■ RECORDS FOR PROCESSING ■
#####

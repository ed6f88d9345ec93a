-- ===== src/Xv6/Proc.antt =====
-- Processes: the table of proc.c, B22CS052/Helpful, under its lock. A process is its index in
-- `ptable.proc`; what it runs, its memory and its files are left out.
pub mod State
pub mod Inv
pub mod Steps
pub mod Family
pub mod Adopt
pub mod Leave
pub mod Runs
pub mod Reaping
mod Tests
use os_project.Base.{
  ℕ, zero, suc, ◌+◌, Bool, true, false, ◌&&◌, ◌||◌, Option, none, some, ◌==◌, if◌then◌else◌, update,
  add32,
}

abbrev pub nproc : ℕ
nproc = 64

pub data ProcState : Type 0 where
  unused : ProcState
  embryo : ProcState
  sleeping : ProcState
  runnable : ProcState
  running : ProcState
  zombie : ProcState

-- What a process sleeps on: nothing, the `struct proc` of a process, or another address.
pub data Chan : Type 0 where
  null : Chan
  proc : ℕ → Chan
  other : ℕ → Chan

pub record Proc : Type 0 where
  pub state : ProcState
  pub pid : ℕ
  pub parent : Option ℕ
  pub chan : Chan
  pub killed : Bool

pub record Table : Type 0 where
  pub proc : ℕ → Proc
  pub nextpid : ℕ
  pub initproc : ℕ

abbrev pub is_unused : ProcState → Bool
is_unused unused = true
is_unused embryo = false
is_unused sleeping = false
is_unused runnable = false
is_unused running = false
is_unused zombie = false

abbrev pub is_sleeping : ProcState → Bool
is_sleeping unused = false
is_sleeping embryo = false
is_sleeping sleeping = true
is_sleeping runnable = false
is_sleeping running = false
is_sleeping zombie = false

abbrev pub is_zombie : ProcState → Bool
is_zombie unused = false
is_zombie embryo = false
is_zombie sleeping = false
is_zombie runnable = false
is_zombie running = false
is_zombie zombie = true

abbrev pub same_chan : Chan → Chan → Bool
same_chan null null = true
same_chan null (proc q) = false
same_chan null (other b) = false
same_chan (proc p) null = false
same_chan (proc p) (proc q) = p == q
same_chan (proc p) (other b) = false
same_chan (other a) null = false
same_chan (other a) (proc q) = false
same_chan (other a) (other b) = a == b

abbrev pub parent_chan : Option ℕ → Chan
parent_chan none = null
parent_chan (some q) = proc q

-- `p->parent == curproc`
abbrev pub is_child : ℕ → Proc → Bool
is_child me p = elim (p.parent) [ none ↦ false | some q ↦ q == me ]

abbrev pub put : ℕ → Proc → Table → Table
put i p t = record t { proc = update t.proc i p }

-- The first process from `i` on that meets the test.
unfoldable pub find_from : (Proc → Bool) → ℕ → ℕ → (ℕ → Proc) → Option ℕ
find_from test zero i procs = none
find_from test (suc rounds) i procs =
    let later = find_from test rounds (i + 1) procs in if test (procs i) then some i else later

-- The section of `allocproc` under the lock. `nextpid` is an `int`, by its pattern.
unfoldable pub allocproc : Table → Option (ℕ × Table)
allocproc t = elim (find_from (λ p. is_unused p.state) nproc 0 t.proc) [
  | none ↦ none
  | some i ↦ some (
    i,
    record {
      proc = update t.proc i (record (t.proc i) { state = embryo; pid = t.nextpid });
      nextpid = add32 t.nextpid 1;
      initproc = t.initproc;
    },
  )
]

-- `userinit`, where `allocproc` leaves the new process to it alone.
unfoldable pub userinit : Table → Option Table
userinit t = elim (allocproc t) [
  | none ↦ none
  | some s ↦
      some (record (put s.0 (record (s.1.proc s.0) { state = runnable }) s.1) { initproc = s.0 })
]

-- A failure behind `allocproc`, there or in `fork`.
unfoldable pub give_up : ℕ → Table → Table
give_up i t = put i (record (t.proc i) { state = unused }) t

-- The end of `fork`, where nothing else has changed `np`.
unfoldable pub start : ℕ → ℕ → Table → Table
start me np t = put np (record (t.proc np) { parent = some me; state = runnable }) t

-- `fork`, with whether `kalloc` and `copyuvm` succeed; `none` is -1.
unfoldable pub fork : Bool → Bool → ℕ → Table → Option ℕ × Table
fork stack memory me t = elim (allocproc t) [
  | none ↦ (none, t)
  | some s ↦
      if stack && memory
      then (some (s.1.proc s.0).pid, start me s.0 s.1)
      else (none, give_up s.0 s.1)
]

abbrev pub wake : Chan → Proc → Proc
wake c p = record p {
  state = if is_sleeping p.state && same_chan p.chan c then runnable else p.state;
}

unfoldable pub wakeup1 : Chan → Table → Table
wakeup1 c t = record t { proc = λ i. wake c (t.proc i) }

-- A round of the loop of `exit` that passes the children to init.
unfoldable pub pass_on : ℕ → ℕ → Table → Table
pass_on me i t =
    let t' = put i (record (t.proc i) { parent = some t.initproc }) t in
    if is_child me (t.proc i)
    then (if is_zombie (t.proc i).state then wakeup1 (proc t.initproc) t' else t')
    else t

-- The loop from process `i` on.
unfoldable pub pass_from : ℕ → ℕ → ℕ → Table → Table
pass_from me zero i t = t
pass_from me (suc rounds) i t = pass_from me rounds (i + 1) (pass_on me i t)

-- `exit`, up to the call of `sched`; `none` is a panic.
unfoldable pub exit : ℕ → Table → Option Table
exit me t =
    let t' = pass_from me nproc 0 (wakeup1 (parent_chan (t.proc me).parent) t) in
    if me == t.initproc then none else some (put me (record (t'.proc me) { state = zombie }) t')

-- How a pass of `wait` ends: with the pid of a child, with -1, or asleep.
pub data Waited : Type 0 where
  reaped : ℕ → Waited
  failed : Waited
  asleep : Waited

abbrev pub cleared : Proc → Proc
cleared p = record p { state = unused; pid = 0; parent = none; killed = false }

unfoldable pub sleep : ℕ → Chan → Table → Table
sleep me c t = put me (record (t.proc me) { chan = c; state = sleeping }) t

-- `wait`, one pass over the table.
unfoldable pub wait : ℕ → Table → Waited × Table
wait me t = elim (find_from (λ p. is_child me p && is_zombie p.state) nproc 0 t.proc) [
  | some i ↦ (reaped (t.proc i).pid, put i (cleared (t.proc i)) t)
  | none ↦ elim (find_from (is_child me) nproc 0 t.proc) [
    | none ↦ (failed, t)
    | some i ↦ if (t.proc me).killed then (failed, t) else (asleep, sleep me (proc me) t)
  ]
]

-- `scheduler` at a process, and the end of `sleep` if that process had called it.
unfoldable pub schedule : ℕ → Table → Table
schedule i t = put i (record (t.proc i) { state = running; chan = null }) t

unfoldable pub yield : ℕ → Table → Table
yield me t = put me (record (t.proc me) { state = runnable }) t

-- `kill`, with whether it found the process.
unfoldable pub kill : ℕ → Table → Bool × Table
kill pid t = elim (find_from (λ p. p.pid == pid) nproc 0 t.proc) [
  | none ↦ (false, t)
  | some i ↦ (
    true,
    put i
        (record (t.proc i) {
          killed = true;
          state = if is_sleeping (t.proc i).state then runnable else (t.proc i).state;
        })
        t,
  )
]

#####

■ TO DO ■
The result is a copy of every line above where the word "with" shows up.

■ TASK RESULT ■
-- `fork`, with whether `kalloc` and `copyuvm` succeed; `none` is -1.
-- How a pass of `wait` ends: with the pid of a child, with -1, or asleep.
-- `kill`, with whether it found the process.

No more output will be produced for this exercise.